There is confidence, based on the achievements of the National Mission on Enhancing Energy Efficiency, that this target will be met. Given that India is one of the world’s largest emerging economies, with a large energy footprint globally, this constitutes a major contribution to tackling global climate change.
The INDC set a target of generating 175 gigawatts of renewable energy by the year 2030. Based on the strength of the outstanding success of the National Solar Mission, it has been reported that this capacity could be achieved 10 years ahead of schedule, and the government might raise India’s target for 2030 to 227GW.
The target of obtaining 40 percent of power from renewable sources by 2030 is also likely to be achieved several years earlier, as the figure already stands at 21 percent.
FASTFACT
Indian Prime Minister Narendra Modi is one of the world leaders who has taken a keen interest in climate change issues.
India is actively reducing the component of coal-based thermal power in its energy mix. It is not widely known that the country has a very high cess (additional tax) on coal, of the order of 400 rupees a ton, the proceeds from which go into a Clean Energy Fund. India has also committed to not building any new thermal plants that are not in the most efficient, ultra-supercritical category.
The nation played a major role in assuring the success of the Paris Climate Summit, and Modi’s personal intervention in the adoption of the landmark Paris Agreement was acknowledged by several world leaders. His initiative to set up an International Solar Alliance for the promotion of solar power worldwide was welcomed.
India is advancing on a broad front to ensure a future of clean energy for its people. To do this, it is drawing upon its ingrained civilizational attributes and putting in place a wide range of policy interventions under the legal framework of the Energy Conservation Act, covering 15 energy-intensive industries, and the Energy Conservation Building Code, covering all new urban infrastructure.

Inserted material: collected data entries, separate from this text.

-- ===== src/Link/Frame/Layout.antt =====
-- The layout of a frame on the wire, and `eSL_WriteMessage` against it.
use dm_matter_zigbee_bridge.Prelude.{
  ℕ, zero, suc, ◌+◌, ◌%◌, ◌<◌, bit_xor, true, false, List, [], ◌∷◌, ◌++◌, ◌≡◌, refl, ap, ◌∙◌, arith,
  append_assoc, append-nil, length, length-append, length-set, set, take, take-set, length-take,
  take-length, drop, get_elem?-drop, ltb, le→ltb, if◌then◌else◌, Bool-cases, inl, inr, done,
}
use dm_matter_zigbee_bridge.Link.{start_char, esc_char, end_char, ok}
use dm_matter_zigbee_bridge.Link.Frame.{
  low_byte, high_byte, TxBuffer, put, load_byte, payload_loop, load_header, write_message,
}
use dm_matter_zigbee_bridge.Link.Frame.Checksum.{checksum, calculate_crc-checksum}

-- A byte below 0x10 stands on the wire as the escape character and the byte with bit 4 flipped.
unfoldable pub escaped : ℕ → List ℕ
escaped b = if ltb b 0x10 then esc_char ∷ bit_xor b 0x10 ∷ [] else b ∷ []

unfoldable pub escaped_all : List ℕ → List ℕ
escaped_all [] = []
escaped_all (b ∷ bytes) = escaped b ++ escaped_all bytes

abbrev pub header : ℕ → ℕ → ℕ → List ℕ
header type len crc = high_byte type ∷ low_byte type ∷ high_byte len ∷ low_byte len ∷ crc ∷ []

-- START, the escaped type, length, checksum and payload, END.
unfoldable pub frame : ℕ → List ℕ → List ℕ
frame type payload =
    start_char
    ∷ (escaped_all (header type (length payload) (checksum type payload))
        ++ (escaped_all payload ++ (end_char ∷ [])))

-- The buffer has taken exactly `out`: the index is its length, up to the wrap of `uint8_t`, and
-- as long as that has not wrapped the bytes up to the index are `out`.
record Holds (tx : TxBuffer) (out : List ℕ) : Type 0 where
  room : length tx.bytes ≡ 256
  index_at : tx.index ≡ length out % 256
  content : length out < 256 → take (length out) tx.bytes ≡ out

put-content :
    (b : ℕ) (tx : TxBuffer) (out : List ℕ)
    → Holds tx out
    → length (out ++ (b ∷ [])) < 256
    → take (length (out ++ (b ∷ []))) (set tx.bytes tx.index b) ≡ out ++ (b ∷ [])
put-content b tx out h lt =
    let n = length-append out (b ∷ []) in
    let len : length (out ++ (b ∷ [])) ≡ suc (length out) = omega arith in
    let at : tx.index ≡ length out = omega (arith, h.index_at) in
    rw (len, at, take-set (length out) tx.bytes b (omega (arith, h.room)))
      (ap (λ (t : List ℕ). t ++ (b ∷ [])) (h.content (omega arith)))

put-Holds :
    (b : ℕ) (tx : TxBuffer) (out : List ℕ) → Holds tx out → Holds (put b tx) (out ++ (b ∷ []))
put-Holds b tx out h = record {
  room = length-set tx.bytes tx.index b ∙ h.room;
  index_at = omega (arith, h.index_at, length-append out (b ∷ []));
  content = put-content b tx out h;
}

load_byte-Holds :
    (b : ℕ) (tx : TxBuffer) (out : List ℕ)
    → Holds tx out
    → Holds (load_byte false b tx) (out ++ escaped b)
unfolding load_byte escaped
load_byte-Holds b tx out h = elim (Bool-cases (ltb b 0x10)) [
  | inl low ↦
      rw (low, ← append_assoc out (esc_char ∷ []) (bit_xor b 0x10 ∷ []))
        (put-Holds (bit_xor b 0x10) (put esc_char tx) (out ++ (esc_char ∷ []))
          (put-Holds esc_char tx out h))
  | inr high ↦ rw high (put-Holds b tx out h)
]

payload_loop-Holds :
    (rest : List ℕ) (fuel : ℕ) (bytes : List ℕ) (n : ℕ) (tx : TxBuffer) (out : List ℕ)
    → drop n bytes ≡ rest
    → n + length rest ≡ length bytes
    → length bytes < 256
    → length rest < fuel
    → Holds tx out
    → (tx' : TxBuffer) × (payload_loop fuel bytes (length bytes) n tx ≡ done tx')
      × Holds tx' (out ++ escaped_all rest)
unfolding payload_loop escaped_all
payload_loop-Holds rest zero bytes n tx out d e lt f h = absurd (omega arith)
payload_loop-Holds [] (suc fuel) bytes n tx out d e lt f h =
    (tx, rw (le→ltb n (length bytes) (omega arith)), rw append-nil h)
payload_loop-Holds (x ∷ rest) (suc fuel) bytes n tx out d e lt f h =
    let (y, at, tail) = get_elem?-drop n bytes (omega arith) in
    let step : (n + 1) % 256 ≡ suc n = omega arith in
    let same : (y ≡ x) × (drop (suc n) bytes ≡ rest) = ground (arith, tail, d) in
    let (tx', run, held) =
      payload_loop-Holds rest fuel bytes (suc n) (load_byte false x tx) (out ++ escaped x) same.1
        (omega arith) lt (omega arith) (load_byte-Holds x tx out h) in
    (tx', ground (arith, run, same.0), rw append_assoc at held)

Holds-short :
    (tx : TxBuffer) (out : List ℕ) → Holds tx out → length out < 256 → take tx.index tx.bytes ≡ out
Holds-short tx out h lt =
    let at : tx.index ≡ length out = omega (arith, h.index_at) in rw at (h.content lt)

load_byte-special : (b : ℕ) (tx : TxBuffer) → load_byte true b tx ≡ put b tx
unfolding load_byte
load_byte-special b tx = refl

load_header-Holds :
    (type len crc : ℕ) (tx : TxBuffer)
    → length tx.bytes ≡ 256
    → tx.index ≡ 0
    → Holds (load_header type len crc tx) (start_char ∷ escaped_all (header type len crc))
unfolding load_header escaped_all
load_header-Holds type len crc tx room at =
    let h0 : Holds tx [] = record {
      room = room;
      index_at = omega (arith, at);
      content = λ _. refl;
    } in
    let h1 = put-Holds start_char tx [] h0 in
    let h2 = load_byte-Holds (high_byte type) _ _ h1 in
    let h3 = load_byte-Holds (low_byte type) _ _ h2 in
    let h4 = load_byte-Holds (high_byte len) _ _ h3 in
    let h5 = load_byte-Holds (low_byte len) _ _ h4 in
    let h6 = load_byte-Holds crc _ _ h5 in
    simp (load_byte-special, append-nil) (simp append_assoc at h6)

-- The frame with the end character put behind what stands before it.
frame-snoc :
    (type : ℕ) (payload : List ℕ)
    → ((start_char ∷ escaped_all (header type (length payload) (checksum type payload)))
          ++ escaped_all payload)
        ++ (end_char ∷ [])
      ≡ frame type payload
unfolding frame
frame-snoc type payload = simp append_assoc

-- What eSL_WriteMessage hands to the serial port, for every payload of less than 256 bytes: the
-- length is that of the frame up to the wrap of the 8-bit index, and a frame of less than 256
-- bytes goes out as it is. The call returns E_SL_OK in either case.
pub write_message-frame :
    (buffer : List ℕ) (type : ℕ) (payload : List ℕ)
    → length buffer ≡ 256
    → length payload < 256
    → (sent : List ℕ) × (write_message buffer type (length payload) payload ≡ done (ok, sent))
      × (length sent ≡ length (frame type payload) % 256)
      × (length (frame type payload) < 256 → sent ≡ frame type payload)
unfolding write_message
write_message-frame buffer type payload room lt =
    let len = length payload in
    let crc = checksum type payload in
    let start : TxBuffer = record { bytes = buffer; index = 0 } in
    let headed = load_header-Holds type len crc start room refl in
    let (tx, run, held) =
      payload_loop-Holds payload 256 payload 0 (load_header type len crc start) _ refl (omega arith)
        lt lt headed in
    let closed = rw frame-snoc at (put-Holds end_char tx _ held) in
    let tx' = put end_char tx in
    (
      take tx'.index tx'.bytes,
      rw (calculate_crc-checksum type payload payload (take-length payload) (omega arith) lt)
          (rw run (rw load_byte-special)),
      length-take tx'.index tx'.bytes (omega (arith, closed.index_at, closed.room))
          ∙ closed.index_at,
      Holds-short tx' (frame type payload) closed,
    )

Thirty-two states of the Indian Union have formulated and started to implement their own State Action Plans on Climate Change. There is also an active and vibrant civic society that is promoting public awareness of the threat posed by climate change and what each of us can do, as individuals, to tackle this threat.
It is hoped that the work of India’s leadership to deal with the challenges it faces as a result of climate change and energy security will act as a spur to other countries to raise the level their own contributions to the efforts to tackle this global and existential challenge.
Failure to do so will condemn humanity to an uncertain, and possibly catastrophic, denouement.
• Shyam Saran is a former foreign secretary of India.